__Records for processing__.
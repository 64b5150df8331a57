-- ===== src/Metrics.antt =====
-- components/metrics: the statistics that the components report, and their counters.
pub mod Counters
pub mod Reported
pub mod Stale
mod Tests
use modbus_vault.Base.{ℕ}

-- `metrics_stat_t`
pub data Stat : Type 0 where
  rs485_driver_overflow_errors rs485_driver_parity_errors modbus_crc_errors : Stat
  modbus_overflow_errors modbus_no_mem_errors telemetry_publish_errors : Stat
  logger_write_errors : Stat

-- The value of the enumerator.
abbrev pub stat_index : Stat → ℕ
stat_index rs485_driver_overflow_errors = 0
stat_index rs485_driver_parity_errors = 1
stat_index modbus_crc_errors = 2
stat_index modbus_overflow_errors = 3
stat_index modbus_no_mem_errors = 4
stat_index telemetry_publish_errors = 5
stat_index logger_write_errors = 6

abbrev pub stat_max : ℕ
stat_max = 7

-- An `event_bus_t` of type EVENT_BUS_EVENT_ERROR.
pub record ErrorEvent : Type 0 where
  pub stat : Stat
  pub timestamp_us : ℕ
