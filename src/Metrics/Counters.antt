-- ===== src/Metrics/Counters.antt =====
-- components/metrics/metrics.c: a counter for each statistic, counted up by the callback that the
-- module subscribes to the event bus. Each counter is read and written by one atomic operation, so
-- a call is a step for each of them.
use modbus_vault.Base.{
  ℕ, zero, suc, ◌+◌, ◌*◌, Bool, List, Option, none, some, if◌then◌else◌, ltb, set, get_or, take,
}
use modbus_vault.Base.Words.{u32}
use modbus_vault.Base.{EspErr, esp_ok, esp_err_no_mem, esp_err_invalid_arg}
use modbus_vault.EventBus.{Bus, data_of, event_error, subscribe}
use modbus_vault.Metrics.{stat_max}

-- `metrics_increment_stat_helper` on `system_metrics`
unfoldable pub increment : ℕ → List ℕ → List ℕ
increment stat counters =
    if ltb stat stat_max then set counters stat (u32 (get_or counters stat 0 + 1)) else counters

-- The callbacks of the event bus.
pub data Callback : Type 0 where
  on_error_callback : Callback

-- A call of a callback; that of the metrics does not look at its context.
unfoldable pub call : Callback → ℕ → List ℕ → List ℕ → List ℕ
unfolding data_of
call on_error_callback ctx event counters = increment (data_of event) counters

-- The loop of `metrics_reset_all`: the counters below `idx` are cleared.
unfoldable pub reset_below : ℕ → List ℕ → List ℕ
reset_below zero counters = counters
reset_below (suc idx) counters = set (reset_below idx counters) idx 0

unfoldable pub reset_all : List ℕ → List ℕ
unfolding reset_below
reset_all counters = reset_below stat_max counters

subscription_result : Option ℕ → EspErr
subscription_result none = esp_err_no_mem
subscription_result (some slot) = esp_ok

module _ {Q : Type 0} where
  -- `metrics_init`
  unfoldable pub init : Bus Q Callback → List ℕ → EspErr × Bus Q Callback × List ℕ
  unfolding subscription_result
  init b counters =
      let (slot, b') = subscribe event_error on_error_callback 0 b in
      (subscription_result slot, b', reset_all counters)

-- `metrics_get_snapshot`, for a buffer of `buf_length` bytes that is given and is long enough or
-- not: the error, the copy and its length in bytes.
unfoldable pub get_snapshot : Bool → ℕ → List ℕ → EspErr × Option (List ℕ × ℕ)
get_snapshot given buf_length counters =
    if given
    then (if ltb buf_length (stat_max * 4)
        then (esp_err_invalid_arg, none)
        else (esp_ok, some (take stat_max counters, stat_max * 4)))
    else (esp_err_invalid_arg, none)
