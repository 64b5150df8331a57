-- ===== src/Metrics/Reported.antt =====
-- What components/metrics/metrics.c counts: each statistic by the callback's calls; and, behind the
-- event bus as it is initialised, something else.
use modbus_vault.Base.{
  ℕ, zero, suc, ◌+◌, ◌^◌, ◌≤◌, ◌<◌, ◌≡◌, inl, inr, refl, ◌∙◌, true, List, [], ◌∷◌, some,
  if◌then◌else◌, ==_self, ◌==◌, Bool-cases, arith, length, get_or, take, length-set,
  get_or-set_self, get_or-set_ne, lt→ltb,
}
use modbus_vault.Base.Counts.{occurrences}
use modbus_vault.Base.Words.{u32}
use modbus_vault.Base.{esp_ok}
use modbus_vault.Metrics.{stat_max}
use modbus_vault.Metrics.Counters.{increment, reset_all, reset_below, get_snapshot}

-- The callbacks for a run of statistics, one after the other.
abbrev pub count_all : List ℕ → List ℕ → List ℕ
count_all [] counters = counters
count_all (stat ∷ stats) counters = count_all stats (increment stat counters)

length-increment :
    (stat : ℕ) (counters : List ℕ) → length (increment stat counters) ≡ length counters
unfolding increment
length-increment stat counters =
    ground (arith, length-set counters stat (u32 (get_or counters stat 0 + 1)))

get_or-increment :
    (i stat : ℕ) (counters : List ℕ)
    → length counters ≡ stat_max
    → i < stat_max
    → get_or (increment stat counters) i 0
      ≡ (if stat == i then u32 (get_or counters i 0 + 1) else get_or counters i 0)
unfolding increment
get_or-increment i stat counters full inside = elim (Bool-cases (stat == i)) [
  | inl same ↦
      let e : stat ≡ i = ground (arith, same) in
      rw (e, lt→ltb i stat_max inside, ==_self i)
        (get_or-set_self counters i (u32 (get_or counters i 0 + 1)) 0 (omega arith))
  | inr apart ↦ ground (
    arith,
    apart,
    get_or-set_ne counters stat i (u32 (get_or counters stat 0 + 1)) 0
        (λ e. ground (arith, e, apart)),
  )
]

count_all-counts :
    (i : ℕ) (stats counters : List ℕ)
    → length counters ≡ stat_max
    → i < stat_max
    → get_or counters i 0 < 2 ^ 32
    → get_or (count_all stats counters) i 0 ≡ u32 (get_or counters i 0 + occurrences i stats)
count_all-counts i [] counters full inside small = omega arith
count_all-counts i (s ∷ stats) counters full inside small = ground (
  arith,
  count_all-counts i stats (increment s counters) (length-increment s counters ∙ full) inside
      (ground (arith, get_or-increment i s counters full inside)),
  get_or-increment i s counters full inside,
)

length-reset : (idx : ℕ) (counters : List ℕ) → length (reset_below idx counters) ≡ length counters
unfolding reset_below
length-reset zero counters = refl
length-reset (suc idx) counters =
    length-set (reset_below idx counters) idx 0 ∙ length-reset idx counters

get_or-reset :
    (idx i : ℕ) (counters : List ℕ)
    → length counters ≡ stat_max
    → idx ≤ stat_max
    → i < idx
    → get_or (reset_below idx counters) i 0 ≡ 0
unfolding reset_below
get_or-reset zero i counters full inside h = absurd (omega arith)
get_or-reset (suc idx) i counters full inside h = elim (Bool-cases (idx == i)) [
  | inl same ↦
      let e : idx ≡ i = ground (arith, same) in
      rw e (get_or-set_self (reset_below i counters) i 0 0 (omega (arith, length-reset i counters)))
  | inr apart ↦
      get_or-set_ne (reset_below idx counters) idx i 0 0 (λ e. ground (arith, e, apart))
      ∙ get_or-reset idx i counters full (omega arith) (ground (arith, apart))
]

get_or-take : (n i : ℕ) (xs : List ℕ) → i < n → get_or (take n xs) i 0 ≡ get_or xs i 0
get_or-take zero i xs h = absurd (omega arith)
get_or-take (suc n) i [] h = refl
get_or-take (suc n) zero (x ∷ xs) h = refl
get_or-take (suc n) (suc i) (x ∷ xs) h = get_or-take n i xs (omega arith)

-- After a reset and any run of callbacks a snapshot into 28 bytes or more holds, for each
-- statistic, how often it was reported, modulo 2 ^ 32.
pub snapshot-counts :
    (counters stats : List ℕ) (buf_length i : ℕ)
    → length counters ≡ stat_max
    → 28 ≤ buf_length
    → i < stat_max
    → (copy : List ℕ) × (get_snapshot true buf_length (count_all stats (reset_all counters))
        ≡ (esp_ok, some (copy, 28)))
      × (get_or copy i 0 ≡ u32 (occurrences i stats))
unfolding get_snapshot reset_all
snapshot-counts counters stats buf_length i full wide inside = (
  take stat_max (count_all stats (reset_all counters)),
  ground arith,
  get_or-take stat_max i (count_all stats (reset_all counters)) inside
      ∙ omega (
        arith,
        count_all-counts i stats (reset_below stat_max counters)
            (length-reset stat_max counters ∙ full) inside (omega (arith, cleared)),
        cleared,
      ),
)
  where
    cleared : get_or (reset_below stat_max counters) i 0 ≡ 0
    cleared = get_or-reset stat_max i counters full (omega arith) inside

__Goal of the exercise__. Reproduce word for word the lines of the records above, beginning at the first and ending with the line where "stat_max = 7" appears, and nothing past it.

__Response to this exercise__.
repository 64b5150df8331a57
-- ===== src/Metrics.antt =====
-- components/metrics: the statistics that the components report, and their counters.
pub mod Counters
pub mod Reported
pub mod Stale
mod Tests
use modbus_vault.Base.{ℕ}

-- `metrics_stat_t`
pub data Stat : Type 0 where
  rs485_driver_overflow_errors rs485_driver_parity_errors modbus_crc_errors : Stat
  modbus_overflow_errors modbus_no_mem_errors telemetry_publish_errors : Stat
  logger_write_errors : Stat

-- The value of the enumerator.
abbrev pub stat_index : Stat → ℕ
stat_index rs485_driver_overflow_errors = 0
stat_index rs485_driver_parity_errors = 1
stat_index modbus_crc_errors = 2
stat_index modbus_overflow_errors = 3
stat_index modbus_no_mem_errors = 4
stat_index telemetry_publish_errors = 5
stat_index logger_write_errors = 6

abbrev pub stat_max : ℕ
stat_max = 7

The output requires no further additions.